The Office Building of the Future
Modular, efficient design will provide innovative work environments for tomorrow’s employees and tenants.
by Jon Pickard and William Chilton
Humankind has been eternally fascinated with the concept of its own future. Inherent in human ambition is the need to question the current standard and envision the next step. For millennia we have imagined and depicted the forthcoming political, economic and physical landscape.
Across the spectrum of visual media some of the most striking and imaginative portrayals of the future are those of the built environment. Humans have continually sought to define their visions for the future, from early illuminated manuscript depictions of the Tower of Babel to science fiction films of the last century. While themes of pervasive automation, servile robots and artificial intelligence are common throughout, the architecture of our cinematically conceived future is represented in many varied forms, each portraying a unique visual and perhaps cautionary commentary on the state of humanity.
In February 2012, a team of multidisciplined professionals stepped into this stream of futuristic imaginings and discussed and identified trends, advances and opportunities for potential incorporation into the design of an Office Building of the Future (OBF) for the year 2030 as part of a national competition sponsored by NAIOP. This article is a summary of the team’s award-winning submission.
The OBF team included Pickard Chilton, design architect; Magnusson Klemencic Associates, structural and civil engineer; Atelier Ten, sustainable design; Cosentini Associates, MEP engineer; IA, interior architect; and Gilbane Building Company, cost estimator and scheduler.
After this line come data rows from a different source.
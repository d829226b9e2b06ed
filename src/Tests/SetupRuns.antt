-- ===== src/Tests/SetupRuns.antt =====
-- The theorems on the installation of the Herdr plugin and on the removal of the agent at concrete inputs.
use nova_codex_bootstrap.Prelude.{◌≡◌, refl, true, false, [], ◌∷◌, none, some}
use nova_codex_bootstrap.Protocol.Text.{trim_space, is_space}
use nova_codex_bootstrap.Protocol.Event.{HostEvent}
use nova_codex_bootstrap.Config.Endpoint.{parse_notification_endpoint}
use nova_codex_bootstrap.Config.Files.{loaded}
use nova_codex_bootstrap.Herdr.Plugin.{herdr_backend_supported, herdr_manifest, is_capable}
use nova_codex_bootstrap.Herdr.Setup.{Meeting, Plant, inspect_herdr}
use nova_codex_bootstrap.Herdr.Setup.Install.{
  Site, uninstall_herdr, install_herdr, install_linked, baseline_all,
}
use nova_codex_bootstrap.Herdr.Setup.Outcome.{Installs, install_herdr-Installs}
use nova_codex_bootstrap.Herdr.Reconcile.{Setting}
use nova_codex_bootstrap.HookConfig.Document.{document, uninstall, uninstall_events, field}
use nova_codex_bootstrap.Cli.Shell.{shell_command, is_plain, all_plain, shell_quote, replace_quotes}
use nova_codex_bootstrap.Cli.Uninstall.{
  Machine, Options, Circumstances, plain, uninstall_agent, cleanup, check_directories, stop_service,
  remove_hooks, remove_plugin, clear_queue, remove_plugin_dir, remove_socket, purge_state,
  purge_config, remove_binary, run_actions,
}
use nova_codex_bootstrap.Cli.Uninstall.Order.{Uninstalls, uninstall_agent-Uninstalls}
use nova_codex_bootstrap.Tests.Data.{go, net, codec, config, two_events, files}
use nova_codex_bootstrap.Tests.Trees.{Tree, json}

abbrev setting : Setting HostEvent
setting = record { go = go; codec = codec; session_name = λ path. "default"; uuid = λ n. some "h9" }

-- A daemon with both capabilities, and no socket to look at.
abbrev meeting : Meeting
meeting = record {
  config = loaded config;
  daemon = some (record {
    version = "1.1.0";
    capabilities = "herdr-v2" ∷ "herdr-host-capture-v1" ∷ [];
    registration_state = "active";
  });
  opened = true;
  registry =
      some (record { id = "novascale.notifications"; enabled = true; has_warnings = false } ∷ []);
  listed = none;
  visit = record { read = λ path. none; now = 1000; fresh = some "s1"; uuid = λ n. some "h9" };
}

abbrev site : Site
site = record {
  get = λ url. some (record { status = 200; body = some (true, true) });
  placed = true;
  links = true;
  sockets = [];
  meeting = meeting;
}

abbrev plant : Plant HostEvent
plant = record { manifest = none; linked = false; database = none }

installs :
    (install_herdr setting files net (λ s. s) site "" "/bin/agent" "1.1.0" plant).1.linked ≡ true
unfolding install_herdr install_linked baseline_all herdr_backend_supported
    parse_notification_endpoint herdr_manifest is_capable inspect_herdr
installs = refl

install_herdr-Installs_example :
    Installs net site plant
      (install_herdr setting files net (λ s. s) site "" "/bin/agent" "1.1.0" plant)
install_herdr-Installs_example =
    install_herdr-Installs setting files net (λ s. s) site "" "/bin/agent" "1.1.0" plant

abbrev machine : Machine Tree HostEvent
machine = record {
  service_file = true;
  hooks = document (some []);
  plant = record plant { manifest = some "manifest"; linked = true; database = some two_events };
  plugin_dir = true;
  socket = true;
  state_dir = plain;
  config_dir = plain;
  binary = true;
}

abbrev options : Options
options = record {
  paths = record {
    config_dir = "/config/novascale-agent";
    state_dir = "/state/novascale-agent";
    config_file = "";
    key_file = "";
    legacy_setup_token_file = "";
    enrollment_lock = "";
    database = "";
    socket = "";
  };
  platform = "linux";
  binary = "/bin/agent";
  purge = false;
}

-- Everything succeeds, and the daemon stops.
abbrev circumstances : Circumstances
circumstances = record {
  base = λ path. "novascale-agent";
  is_abs = λ path. true;
  printed = false;
  booted_out = false;
  load_state = some "loaded";
  disabled = true;
  answers_before = true;
  answers_after = false;
  removes_service = true;
  hooks_written = true;
  manifest_known = true;
  herdr_opens = true;
  herdr_removes = true;
  database_known = true;
  opened = true;
  cleared = true;
  closed = true;
  removes_plugin = true;
  removes_socket = true;
  removes_state = true;
  removes_config = true;
  removes_binary = true;
}

uninstalls : (uninstall_agent json circumstances options machine).0 ≡ true
unfolding uninstall_agent cleanup check_directories stop_service remove_hooks remove_plugin
    clear_queue remove_plugin_dir remove_socket purge_state purge_config remove_binary run_actions
    trim_space is_space uninstall uninstall_events uninstall_herdr shell_command is_plain all_plain
    shell_quote replace_quotes field
uninstalls = refl

uninstall_agent-Uninstalls_example :
    Uninstalls HostEvent json circumstances options machine
      (uninstall_agent json circumstances options machine)
uninstall_agent-Uninstalls_example =
    uninstall_agent-Uninstalls HostEvent json circumstances options machine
The proposal is grounded in the pragmatic realities of the most accurate and latest data of building science available, the design nearly limitless in its potential configurations and bound only by the imagination.
Qualities of the OBF: Workplace Trends
Building owners will require an innovative work environment to attract employees to a corporate headquarters or tenants to a commercial development. Current office trends offer insights on how the diverse workforce of the future will interact and what they will expect from the workplace.
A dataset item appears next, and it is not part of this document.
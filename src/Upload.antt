-- ===== src/Upload.antt =====
-- The uploader of notifications/internal/agent/daemon.go.
pub mod Request
pub mod Loop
The newest members of the workforce will be “digital natives” and will drive the efficiency and speed of communication, necessitating open floor plans and mobility within the office.  They will optimize time at the office with multitasking as they seek greater work-life balance. 
The next-generation workplace will offer environments that blur the lines between work and private life. The office will function as an anchoring physical location away from the digital realm. It will house a variety of workspaces  and be a place for collaboration, face-to-face encounters and team building. 
The OBF will provide greater access to daylight and natural ventilation, views, green space, public transit, on-site parking and proximity to residences. Numerous studies indicate that these attributes directly result in a more content and healthy workforce, thereby contributing to increased productivity.  Better working environments also serve to attract and retain top talent. While certain features may increase up-front costs, they are offset by the gains from increased employee productivity.
Business Objectives and the OBF: Trends and Metrics
The OBF will meet the owner’s business objectives by providing a value-based yet high-performance architectural solution. A number of emerging trends in office design will impact the design and construction of the OBF.
On any given business day 30 to 40 percent of physical workspaces are vacant. By working in an increasingly social, mobile and collaborative fashion known as “distributed work,” companies can enjoy the benefits of substantive cost savings and greater space utilization. 
Greater Occupant Density
The next generation of workspace will move away from dedicated offices and workstations. The current average occupancy density of 150-200 square feet per person has been continually trending downwards.
Consistent lease depths of 45 feet offer many advantages including: unobstructed and column-free floorplates, maximum flexibility and efficiency, access to natural light, and customization for greater leasing capability. 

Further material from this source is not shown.